Hey guys, so I recently picked up a large anubias barteri with a large rhizome and lots of long white roots. I also picked up a medium anubias coffefolia with only a few roots and a small anubias nana petite with a large root system. These are for a low light high pH cichlid setup and will be attached to driftwood.

The guy at the store mentioned that I should trim the roots off all the way down to the rhizome in order to stimulate new root growth so they attach better. Is this true? I always thought you attached the roots and they will eventually anchor themselves but now he has me questioning exactly how to care and transplant my anubias assortment!

Thanks for the input!


----------



## fmueller (Jan 11, 2004)

Plants use roots not only to attach themselves but also the adsorb nutrients. That's true for all plants, not just water plants or anubias. Water plants can adsorb some nutrients through the leafs, but if you cut off all roots I would expect them to be seriously deprived of nutrients. I can't say I have ever tried it, but if at all, I would only cut off a bit of the root at the very tip. Some people do that also for plants that they put in the garden (such as rhododendron). I never cut off any roots, and I have beautiful rhododendrons and anubias 

Cutting off the entire root system all the way to the rhizome would seem a good way to make you come back to the store and buy more plants once these are dead. Again, I haven't tried it, but it doesn't sound like a good idea at all.


----------



## namvet4 (Feb 20, 2011)

fmueller said:


> Plants use roots not only to attach themselves but also the adsorb nutrients. That's true for all plants, not just water plants or anubias. Water plants can adsorb some nutrients through the leafs, but if you cut off all roots I would expect them to be seriously deprived of nutrients. I can't say I have ever tried it, but if at all, I would only cut off a bit of the root at the very tip. Some people do that also for plants that they put in the garden (such as rhododendron). I never cut off any roots, and I have beautiful rhododendrons and anubias
> 
> Cutting off the entire root system all the way to the rhizome would seem a good way to make you come back to the store and buy more plants once these are dead. Again, I haven't tried it, but it doesn't sound like a good idea at all.

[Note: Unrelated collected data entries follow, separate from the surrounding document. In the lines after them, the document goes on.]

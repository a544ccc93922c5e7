-- ===== src/ResourceReconciler/Tests.antt =====
-- Witnesses on the resource reconciler (reconcilers/resource.go). The world counts the writes.
use reconciler_runtime.Base.{
  ℕ, suc, String, Bool, true, false, ◌&&◌, none, some, List, [], ◌∷◌, ◌≡◌, refl, eqb, arith,
}
use reconciler_runtime.Base.Int.{pos}
use reconciler_runtime.Errors.{wrapped, sentinel, err_halt_sub_reconcilers, is_error}
use reconciler_runtime.Results.{Result}
use reconciler_runtime.Context.{Request, background}
use reconciler_runtime.Exec.{returned, pure}
use reconciler_runtime.Flow.{SubReconciler}
use reconciler_runtime.Flow.Finalizer.{Resource}
use reconciler_runtime.Conditions.{Condition, find_condition}
use reconciler_runtime.Conditions.Setting.{Agrees}
use reconciler_runtime.ResourceReconciler.{
  StatusFields, Status, no_status, content, struct, Body, no_method, External, found,
  ResourceReconciler, Outside, St, conditions, with_conditions, with_status, reconcile,
  reconcile_tree, sync_last_transition_time,
}
use reconciler_runtime.ResourceReconciler.Times.{nil, cons, find-sync_last_transition_time}
use reconciler_runtime.ResourceReconciler.Quiet.{reconcile_unchanged, reconcile_halted}

abbrev ready_at : ℕ → Condition
ready_at t = record {
  type = "Ready";
  status = "True";
  reason = "Ready";
  message = "";
  observed_generation = 1;
  last_transition_time = t;
}

abbrev fields_at : ℕ → StatusFields ℕ
fields_at t = record {
  observed_generation = some (pos 1);
  conditions = some (ready_at t ∷ []);
  others = 7;
}

abbrev same_times : List Condition → List Condition → Bool
same_times [] [] = true
same_times (c ∷ cs) (d ∷ ds) = eqb c.last_transition_time d.last_transition_time && same_times cs ds
same_times _ _ = false

abbrev same_status : Status ℕ → Status ℕ → Bool
same_status no_status no_status = true
same_status (content x) (content y) = eqb x y
same_status (struct f) (struct g) =
    eqb f.others g.others && same_times (conditions (struct f)) (conditions (struct g))
same_status _ _ = false

same_times_refl : (cs : List Condition) → same_times cs cs ≡ true
same_times_refl [] = refl
same_times_refl (c ∷ cs) = ground (arith, same_times_refl cs)

same_status_refl : (x : Status ℕ) → same_status x x ≡ true
same_status_refl no_status = refl
same_status_refl (content x) = ground arith
same_status_refl (struct f) = ground (arith, same_times_refl (conditions (struct f)))

abbrev resource_at : ℕ → Resource (Body ℕ Bool)
resource_at t = record {
  finalizers = [];
  resource_version = "1";
  generation = pos 1;
  deletion_timestamp = none;
  body = record { status = struct (fields_at t); rest = true };
}

abbrev server : External String ℕ Bool ℕ
server = record {
  get = λ config req w. found (resource_at 4);
  default = none;
  initialize = no_method;
  is_duck = λ r. false;
  semantic_equal = same_status;
  update_status = λ config r w. record { error = none; patched = r; after = suc w };
  patch_status = λ config original r w. record { error = none; patched = r; after = suc w };
}

abbrev in_a_minute : Result
in_a_minute = record { requeue = false; requeue_after = pos 60 }

-- A tree that sets the condition anew, at another time.
abbrev touching : SubReconciler String (St ℕ ℕ ℕ Bool)
touching = record {
  setup_with_manager = λ c. pure none;
  reconcile = λ c s. (
    returned (in_a_minute, none),
    record s { resource = with_status (with_conditions (ready_at 9 ∷ [])) s.resource },
  );
}

abbrev halting : SubReconciler String (St ℕ ℕ ℕ Bool)
halting = record {
  setup_with_manager = λ c. pure none;
  reconcile =
      λ c s. (returned (in_a_minute, some (wrapped "stop" (sentinel err_halt_sub_reconcilers))), s);
}

abbrev leaving : SubReconciler String (St ℕ ℕ ℕ Bool)
leaving = record {
  setup_with_manager = λ c. pure none;
  reconcile = λ c s. (returned (in_a_minute, none), s);
}

abbrev root : ResourceReconciler String (St ℕ ℕ ℕ Bool)
root = record {
  name = "";
  setup = none;
  skip_status_update = false;
  reconciler = some touching;
  config = "cluster";
}

abbrev request : Request
request = record { namespace = "default"; name = "example" }

abbrev outside : Outside ℕ ℕ
outside = record { events = []; world = record { stash = none; cluster = 0 } }

abbrev outside_after : Outside ℕ ℕ
outside_after = record { events = []; world = record { stash = some []; cluster = 0 } }

abbrev after_touching : St ℕ ℕ ℕ Bool
after_touching = record { resource = resource_at 9; events = []; world = outside_after.world }

find-sync_last_transition_time_example :
    find_condition "Ready" (sync_last_transition_time (ready_at 9 ∷ []) (ready_at 4 ∷ []))
    ≡ some (ready_at 4)
find-sync_last_transition_time_example =
    find-sync_last_transition_time (ready_at 9 ∷ []) (ready_at 4 ∷ []) "Ready" (tt, tt)

same_ready : Agrees (ready_at 9) (ready_at 4)
same_ready = record {
  type = refl;
  status = refl;
  reason = refl;
  message = refl;
  observed_generation = refl;
}

reconcile_unchanged_example :
    reconcile server "Root" root background 5 request outside
    ≡ (returned (in_a_minute, none), outside_after)
unfolding reconcile_tree
reconcile_unchanged_example =
    reconcile_unchanged server "Root" background 5 request outside root (resource_at 4)
      (in_a_minute, none) after_touching same_status_refl refl refl
      (refl, refl, (cons same_ready nil, (tt, tt)))

reconcile_halted_example :
    reconcile server "Root" (record root { reconciler = some halting }) background 5 request outside
    ≡ reconcile server "Root"
        (record root { reconciler = some leaving })
        background
        5
        request
        outside
unfolding is_error
reconcile_halted_example =
    reconcile_halted server "Root" background 5 request outside root halting leaving (resource_at 4)
      in_a_minute (wrapped "stop" (sentinel err_halt_sub_reconcilers))
      (record after_touching { resource = resource_at 4 }) refl refl refl refl
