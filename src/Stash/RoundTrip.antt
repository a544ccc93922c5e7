-- ===== src/Stash/RoundTrip.antt =====
-- What is stashed is retrieved, until it is cleared (reconcilers/stash.go).
use reconciler_runtime.Base.{
  String, Option, none, some, ◌==◌, ◌≡◌, refl, ap, ◌∙◌, if◌then◌else◌, eq_iff, Bool-cases, inl, inr,
}
use reconciler_runtime.Base.Map.{
  Map, string_key, lookup, insert, erase, lookup-insert, lookup-erase, IsKeyed, insert-IsKeyed,
}
use reconciler_runtime.Exec.{returned}
use reconciler_runtime.Stash.{Stashed, stash_value, retrieve_value, clear_value}

module _ {V W : Type 0} where
  -- What every key retrieves.
  abbrev pub Retrieves : Stashed V W → (String → Option V) → Type 0
  Retrieves s values = (j : String) → retrieve_value j s ≡ (returned (values j), s)

  -- On a context with a stash, a value that is stashed under a key is what the key retrieves, and all
  -- other keys retrieve what they did; clearing the key returns the value, and then the key retrieves
  -- nothing and all others what they did.
  pub stash_value-retrieve_value :
      (key : String) (value : V) (m : Map String V) (s : Stashed V W)
      → s.stash ≡ some m
      → IsKeyed m
      → (s' : Stashed V W) × (stash_value key value s ≡ (returned tt, s'))
        × Retrieves s' (λ j. if key == j then some value else lookup j m)
        × ((s'' : Stashed V W) × (clear_value key s' ≡ (returned (some value), s''))
            × Retrieves s'' (λ j. if key == j then none else lookup j m))
  unfolding stash_value retrieve_value clear_value
  stash_value-retrieve_value key value m s configured keyed =
      let m' = insert key value m in
      let kept = insert-IsKeyed key value m keyed in
      let here : lookup key m' ≡ some value =
        lookup-insert key key value m ∙ rw ((eq_iff key key).1 refl) refl in
      (
        record s { stash = some m' },
        rw configured refl,
        (λ j.
            ap (λ (o : Option V). (returned o, record s { stash = some m' }))
              (lookup-insert key j value m)),
        (
          record s { stash = some (erase key m') },
          ap (λ (o : Option V). (returned o, record s { stash = some (erase key m') })) here,
          λ j.
              ap (λ (o : Option V). (returned o, record s { stash = some (erase key m') }))
                (lookup-erase key j m' kept ∙ after j),
        ),
      )
    where
      after :
          (j : String)
          → (if key == j then none else lookup j (insert key value m))
            ≡ (if key == j then none else lookup j m)
      after j = elim (Bool-cases (key == j)) [
        | inl q ↦ rw q refl
        | inr q ↦ rw (lookup-insert key j value m) (rw q refl)
      ]
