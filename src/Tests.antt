-- ===== src/Tests.antt =====
-- Witnesses on results and errors (reconcilers/reconcilers.go) and on the stash
-- (reconcilers/stash.go).
use reconciler_runtime.Base.{
  ℕ, String, ◌≡◌, refl, true, false, ◌==◌, none, some, List, [], ◌∷◌, if◌then◌else◌,
}
use reconciler_runtime.Base.Int.{pos}
use reconciler_runtime.Results.{Result, aggregate_results, aggregate_results-IsLeast, IsLeast}
use reconciler_runtime.Base.Map.{Map, string_key, lookup}
use reconciler_runtime.Exec.{returned}
use reconciler_runtime.Stash.{Stashed, stash_value, clear_value}
use reconciler_runtime.Stash.RoundTrip.{Retrieves, stash_value-retrieve_value}

abbrev in_seconds : List Result
in_seconds =
    record { requeue = false; requeue_after = pos 60 }
    ∷ record { requeue = true; requeue_after = pos 0 }
    ∷ []

aggregate_results-IsLeast_example : IsLeast in_seconds (aggregate_results in_seconds)
aggregate_results-IsLeast_example = aggregate_results-IsLeast in_seconds

abbrev stash_of_two : Map String ℕ
stash_of_two = ("first", 1) ∷ ("second", 2) ∷ []

abbrev stashed : Stashed ℕ ℕ
stashed = record { stash = some stash_of_two; cluster = 0 }

stash_value-retrieve_value_example :
    (s' : Stashed ℕ ℕ) × (stash_value "first" 5 stashed ≡ (returned tt, s'))
    × Retrieves s' (λ j. if "first" == j then some 5 else lookup j stash_of_two)
    × ((s'' : Stashed ℕ ℕ) × (clear_value "first" s' ≡ (returned (some 5), s''))
        × Retrieves s'' (λ j. if "first" == j then none else lookup j stash_of_two))
stash_value-retrieve_value_example =
    stash_value-retrieve_value "first" 5 stash_of_two stashed refl (refl, (refl, tt))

Absolutely agree... :thumb: The roots are mandatory! Trim, yes, just at the tip. Nutrient exchange occurs though the root system and the roots conduct food to the rhizome where it is stored and utilized.


----------



## borohands8593 (Apr 15, 2009)

Thanks for the replies guys. Its sad that stores give such poor advice, this is a small ma and pa shop too that you can usually trust. The only thing that through me off is anubias also absorb nutrients through there leaves like Java fern, but unlike ferns they also grow a root system.

With that being said how healthy is it for them to be attached to driftwood or lavarock?? Im assuming there might be some nutrients in wood and some detritus might get caught up in the root system but it cant be anything like substrate. Should I put root tabs between the wood and the plant?


----------



## fmueller (Jan 11, 2004)

borohands8593 said:


> Thanks for the replies guys. Its sad that stores give such poor advice, this is a small ma and pa shop too that you can usually trust.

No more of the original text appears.